Go line by line through the data and copy those with the word "joined".

** DATA SHOWN follows **

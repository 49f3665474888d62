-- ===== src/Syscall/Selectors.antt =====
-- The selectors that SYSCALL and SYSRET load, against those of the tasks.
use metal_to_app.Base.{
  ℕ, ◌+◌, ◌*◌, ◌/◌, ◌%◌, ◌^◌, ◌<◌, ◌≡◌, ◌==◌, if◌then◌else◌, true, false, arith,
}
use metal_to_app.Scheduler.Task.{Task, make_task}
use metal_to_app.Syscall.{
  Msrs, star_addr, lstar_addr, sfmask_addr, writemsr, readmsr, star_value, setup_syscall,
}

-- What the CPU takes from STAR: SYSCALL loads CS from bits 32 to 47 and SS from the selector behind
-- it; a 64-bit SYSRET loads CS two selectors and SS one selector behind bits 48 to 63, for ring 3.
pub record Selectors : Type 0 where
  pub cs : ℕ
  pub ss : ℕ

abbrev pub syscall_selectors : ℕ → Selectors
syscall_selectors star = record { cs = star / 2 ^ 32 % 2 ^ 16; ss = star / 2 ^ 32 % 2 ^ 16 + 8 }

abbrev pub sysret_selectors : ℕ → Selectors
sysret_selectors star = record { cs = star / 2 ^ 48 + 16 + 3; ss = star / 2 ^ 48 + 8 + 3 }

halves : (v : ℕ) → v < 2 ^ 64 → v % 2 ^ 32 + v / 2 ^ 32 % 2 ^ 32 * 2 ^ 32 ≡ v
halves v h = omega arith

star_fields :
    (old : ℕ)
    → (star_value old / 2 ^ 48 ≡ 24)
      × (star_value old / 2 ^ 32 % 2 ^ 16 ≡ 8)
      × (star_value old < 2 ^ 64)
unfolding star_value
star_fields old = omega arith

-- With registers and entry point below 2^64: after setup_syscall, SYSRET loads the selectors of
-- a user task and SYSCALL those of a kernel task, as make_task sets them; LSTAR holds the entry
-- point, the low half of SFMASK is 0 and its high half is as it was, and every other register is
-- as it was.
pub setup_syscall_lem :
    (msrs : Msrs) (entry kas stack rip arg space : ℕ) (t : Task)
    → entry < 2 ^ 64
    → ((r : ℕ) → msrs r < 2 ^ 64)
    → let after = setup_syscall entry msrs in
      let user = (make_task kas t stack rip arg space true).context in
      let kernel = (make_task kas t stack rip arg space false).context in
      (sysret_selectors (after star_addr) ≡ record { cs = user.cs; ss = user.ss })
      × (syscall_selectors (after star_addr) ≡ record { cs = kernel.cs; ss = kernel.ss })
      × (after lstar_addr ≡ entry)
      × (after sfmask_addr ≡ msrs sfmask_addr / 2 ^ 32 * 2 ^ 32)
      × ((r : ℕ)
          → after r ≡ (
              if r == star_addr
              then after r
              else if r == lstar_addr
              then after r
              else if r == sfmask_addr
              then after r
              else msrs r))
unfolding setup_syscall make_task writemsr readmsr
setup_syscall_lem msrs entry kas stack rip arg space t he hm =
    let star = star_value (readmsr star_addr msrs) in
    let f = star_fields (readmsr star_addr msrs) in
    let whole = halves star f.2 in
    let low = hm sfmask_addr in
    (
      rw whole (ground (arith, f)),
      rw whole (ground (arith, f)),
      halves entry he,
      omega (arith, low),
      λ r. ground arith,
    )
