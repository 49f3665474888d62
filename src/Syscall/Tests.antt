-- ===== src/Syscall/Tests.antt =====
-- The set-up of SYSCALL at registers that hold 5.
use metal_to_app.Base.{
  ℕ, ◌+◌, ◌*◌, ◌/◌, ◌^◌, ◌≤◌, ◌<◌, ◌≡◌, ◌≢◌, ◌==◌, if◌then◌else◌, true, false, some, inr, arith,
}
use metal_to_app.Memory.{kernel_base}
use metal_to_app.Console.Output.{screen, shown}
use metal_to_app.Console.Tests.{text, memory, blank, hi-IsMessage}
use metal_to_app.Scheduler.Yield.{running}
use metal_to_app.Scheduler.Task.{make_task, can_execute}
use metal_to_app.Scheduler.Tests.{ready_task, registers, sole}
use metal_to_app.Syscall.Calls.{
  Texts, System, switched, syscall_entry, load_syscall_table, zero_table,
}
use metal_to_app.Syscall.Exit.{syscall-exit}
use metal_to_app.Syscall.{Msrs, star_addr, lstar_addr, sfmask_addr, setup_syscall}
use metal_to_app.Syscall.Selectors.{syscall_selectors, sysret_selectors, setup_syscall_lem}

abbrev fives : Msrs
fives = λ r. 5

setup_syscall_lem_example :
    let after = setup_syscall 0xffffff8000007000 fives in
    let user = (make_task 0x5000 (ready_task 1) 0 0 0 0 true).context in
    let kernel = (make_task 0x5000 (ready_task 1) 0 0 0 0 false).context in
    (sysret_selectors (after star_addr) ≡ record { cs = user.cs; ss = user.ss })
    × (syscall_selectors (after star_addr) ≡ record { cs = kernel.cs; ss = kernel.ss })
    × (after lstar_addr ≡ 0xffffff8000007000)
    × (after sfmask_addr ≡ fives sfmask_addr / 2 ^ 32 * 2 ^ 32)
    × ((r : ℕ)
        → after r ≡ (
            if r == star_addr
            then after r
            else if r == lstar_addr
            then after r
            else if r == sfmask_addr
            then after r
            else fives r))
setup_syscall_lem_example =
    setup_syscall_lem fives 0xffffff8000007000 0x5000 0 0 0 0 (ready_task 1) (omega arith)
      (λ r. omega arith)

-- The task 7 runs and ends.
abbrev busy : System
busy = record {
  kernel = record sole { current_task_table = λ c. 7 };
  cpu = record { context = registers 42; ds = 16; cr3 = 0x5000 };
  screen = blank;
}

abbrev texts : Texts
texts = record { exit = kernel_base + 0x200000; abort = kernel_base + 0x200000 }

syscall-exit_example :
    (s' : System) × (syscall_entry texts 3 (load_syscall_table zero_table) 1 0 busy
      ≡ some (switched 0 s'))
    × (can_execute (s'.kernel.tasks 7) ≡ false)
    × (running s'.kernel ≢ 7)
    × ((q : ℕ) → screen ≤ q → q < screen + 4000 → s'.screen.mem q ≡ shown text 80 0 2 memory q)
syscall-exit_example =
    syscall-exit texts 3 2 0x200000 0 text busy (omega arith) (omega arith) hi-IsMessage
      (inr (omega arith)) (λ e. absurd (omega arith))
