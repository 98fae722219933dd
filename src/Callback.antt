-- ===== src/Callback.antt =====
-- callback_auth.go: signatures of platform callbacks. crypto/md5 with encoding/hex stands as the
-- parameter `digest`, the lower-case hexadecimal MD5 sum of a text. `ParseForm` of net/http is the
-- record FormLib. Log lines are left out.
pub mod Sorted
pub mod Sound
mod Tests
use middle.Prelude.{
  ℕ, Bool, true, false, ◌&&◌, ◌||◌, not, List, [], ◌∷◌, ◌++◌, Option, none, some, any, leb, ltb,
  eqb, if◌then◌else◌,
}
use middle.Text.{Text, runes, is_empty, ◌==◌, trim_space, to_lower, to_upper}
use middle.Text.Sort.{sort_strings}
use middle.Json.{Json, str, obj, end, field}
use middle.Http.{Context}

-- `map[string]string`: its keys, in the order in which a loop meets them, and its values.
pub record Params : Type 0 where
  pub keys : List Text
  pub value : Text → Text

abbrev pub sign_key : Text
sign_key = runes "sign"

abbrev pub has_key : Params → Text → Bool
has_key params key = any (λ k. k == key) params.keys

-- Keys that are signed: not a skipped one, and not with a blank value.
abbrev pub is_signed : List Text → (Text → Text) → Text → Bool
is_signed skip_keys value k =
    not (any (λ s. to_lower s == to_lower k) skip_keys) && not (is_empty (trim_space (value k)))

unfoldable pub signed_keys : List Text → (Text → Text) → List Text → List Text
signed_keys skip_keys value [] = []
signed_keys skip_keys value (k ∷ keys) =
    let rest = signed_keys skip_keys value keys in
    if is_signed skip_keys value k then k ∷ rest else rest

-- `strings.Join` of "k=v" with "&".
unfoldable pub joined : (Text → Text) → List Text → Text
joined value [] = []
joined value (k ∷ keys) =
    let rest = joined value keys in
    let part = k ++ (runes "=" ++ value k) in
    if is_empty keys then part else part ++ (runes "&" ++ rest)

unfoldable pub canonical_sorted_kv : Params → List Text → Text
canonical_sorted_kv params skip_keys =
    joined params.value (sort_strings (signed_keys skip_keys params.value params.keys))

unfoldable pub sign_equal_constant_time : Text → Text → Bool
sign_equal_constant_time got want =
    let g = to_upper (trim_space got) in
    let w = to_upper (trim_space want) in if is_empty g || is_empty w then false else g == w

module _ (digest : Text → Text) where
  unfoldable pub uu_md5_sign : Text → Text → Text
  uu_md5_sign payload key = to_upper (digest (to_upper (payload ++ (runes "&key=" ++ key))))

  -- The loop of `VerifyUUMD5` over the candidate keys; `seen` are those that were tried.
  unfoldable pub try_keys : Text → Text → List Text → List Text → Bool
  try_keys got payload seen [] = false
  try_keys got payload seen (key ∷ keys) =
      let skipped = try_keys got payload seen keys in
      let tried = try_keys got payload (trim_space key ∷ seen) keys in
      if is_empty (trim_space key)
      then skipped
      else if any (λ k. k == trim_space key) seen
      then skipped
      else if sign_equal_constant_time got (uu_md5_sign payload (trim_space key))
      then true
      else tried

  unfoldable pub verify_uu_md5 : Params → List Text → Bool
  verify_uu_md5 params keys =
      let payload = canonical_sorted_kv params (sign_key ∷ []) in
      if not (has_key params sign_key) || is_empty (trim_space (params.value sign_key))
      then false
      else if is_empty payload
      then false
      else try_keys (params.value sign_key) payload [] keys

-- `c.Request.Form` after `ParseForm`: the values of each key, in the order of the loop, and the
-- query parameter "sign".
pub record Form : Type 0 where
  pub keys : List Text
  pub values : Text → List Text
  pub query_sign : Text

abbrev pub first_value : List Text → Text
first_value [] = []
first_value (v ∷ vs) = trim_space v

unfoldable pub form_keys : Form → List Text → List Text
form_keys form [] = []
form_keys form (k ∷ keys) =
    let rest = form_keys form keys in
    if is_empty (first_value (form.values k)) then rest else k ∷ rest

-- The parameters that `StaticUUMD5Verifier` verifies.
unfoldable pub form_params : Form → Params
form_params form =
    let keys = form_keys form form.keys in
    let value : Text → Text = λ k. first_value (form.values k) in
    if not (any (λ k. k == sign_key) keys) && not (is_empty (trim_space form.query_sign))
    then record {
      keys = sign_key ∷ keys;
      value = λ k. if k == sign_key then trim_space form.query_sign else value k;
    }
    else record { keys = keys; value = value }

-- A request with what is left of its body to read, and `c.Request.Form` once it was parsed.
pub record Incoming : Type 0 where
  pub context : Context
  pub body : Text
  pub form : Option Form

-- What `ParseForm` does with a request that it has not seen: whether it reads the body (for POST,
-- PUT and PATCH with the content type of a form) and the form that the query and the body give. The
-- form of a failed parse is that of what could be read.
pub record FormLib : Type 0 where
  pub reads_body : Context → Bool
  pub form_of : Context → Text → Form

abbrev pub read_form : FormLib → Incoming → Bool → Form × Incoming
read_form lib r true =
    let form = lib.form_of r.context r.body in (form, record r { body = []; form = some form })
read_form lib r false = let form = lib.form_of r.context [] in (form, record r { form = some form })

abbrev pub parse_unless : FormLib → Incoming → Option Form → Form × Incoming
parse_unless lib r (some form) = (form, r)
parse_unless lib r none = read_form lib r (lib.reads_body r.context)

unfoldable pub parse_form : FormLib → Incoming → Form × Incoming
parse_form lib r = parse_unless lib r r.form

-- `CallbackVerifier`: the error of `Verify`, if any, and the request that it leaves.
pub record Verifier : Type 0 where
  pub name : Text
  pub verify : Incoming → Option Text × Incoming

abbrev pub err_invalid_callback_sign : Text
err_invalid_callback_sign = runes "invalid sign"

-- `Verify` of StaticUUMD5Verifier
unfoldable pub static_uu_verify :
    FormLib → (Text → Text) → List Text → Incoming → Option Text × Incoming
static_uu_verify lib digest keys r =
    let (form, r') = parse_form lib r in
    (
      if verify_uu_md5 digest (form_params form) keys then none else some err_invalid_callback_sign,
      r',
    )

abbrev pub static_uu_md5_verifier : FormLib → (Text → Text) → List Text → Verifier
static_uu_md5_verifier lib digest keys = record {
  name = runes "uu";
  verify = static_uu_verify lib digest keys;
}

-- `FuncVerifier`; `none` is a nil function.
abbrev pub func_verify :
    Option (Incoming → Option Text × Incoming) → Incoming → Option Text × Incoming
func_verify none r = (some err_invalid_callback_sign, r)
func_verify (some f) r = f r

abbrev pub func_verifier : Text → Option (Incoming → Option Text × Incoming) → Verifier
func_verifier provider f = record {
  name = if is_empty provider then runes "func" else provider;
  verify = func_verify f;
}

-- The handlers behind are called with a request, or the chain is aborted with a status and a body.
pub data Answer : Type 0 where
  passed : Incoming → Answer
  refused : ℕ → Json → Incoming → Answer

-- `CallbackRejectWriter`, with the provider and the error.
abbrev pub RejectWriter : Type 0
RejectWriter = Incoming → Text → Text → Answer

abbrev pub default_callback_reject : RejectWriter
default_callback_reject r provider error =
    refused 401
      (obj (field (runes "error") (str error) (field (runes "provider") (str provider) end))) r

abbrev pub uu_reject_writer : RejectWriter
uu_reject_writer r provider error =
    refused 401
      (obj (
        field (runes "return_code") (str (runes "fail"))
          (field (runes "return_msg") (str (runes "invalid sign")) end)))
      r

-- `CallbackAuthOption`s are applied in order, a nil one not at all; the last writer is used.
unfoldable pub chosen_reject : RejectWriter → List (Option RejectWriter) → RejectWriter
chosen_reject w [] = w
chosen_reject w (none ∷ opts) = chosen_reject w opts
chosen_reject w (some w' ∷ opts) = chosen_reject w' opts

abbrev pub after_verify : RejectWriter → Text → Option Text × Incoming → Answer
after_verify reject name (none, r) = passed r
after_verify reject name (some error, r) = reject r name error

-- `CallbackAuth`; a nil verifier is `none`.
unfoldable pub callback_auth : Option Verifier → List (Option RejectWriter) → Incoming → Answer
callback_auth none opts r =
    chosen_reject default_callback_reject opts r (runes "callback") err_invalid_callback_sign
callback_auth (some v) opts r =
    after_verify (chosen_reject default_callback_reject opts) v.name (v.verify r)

** End of DATA SHOWN **

• [EXERCISE RESPONSE]:
unfoldable pub joined : (Text → Text) → List Text → Text
joined value [] = []
joined value (k ∷ keys) =
    let rest = joined value keys in
    joined params.value (sort_strings (signed_keys skip_keys params.value params.keys))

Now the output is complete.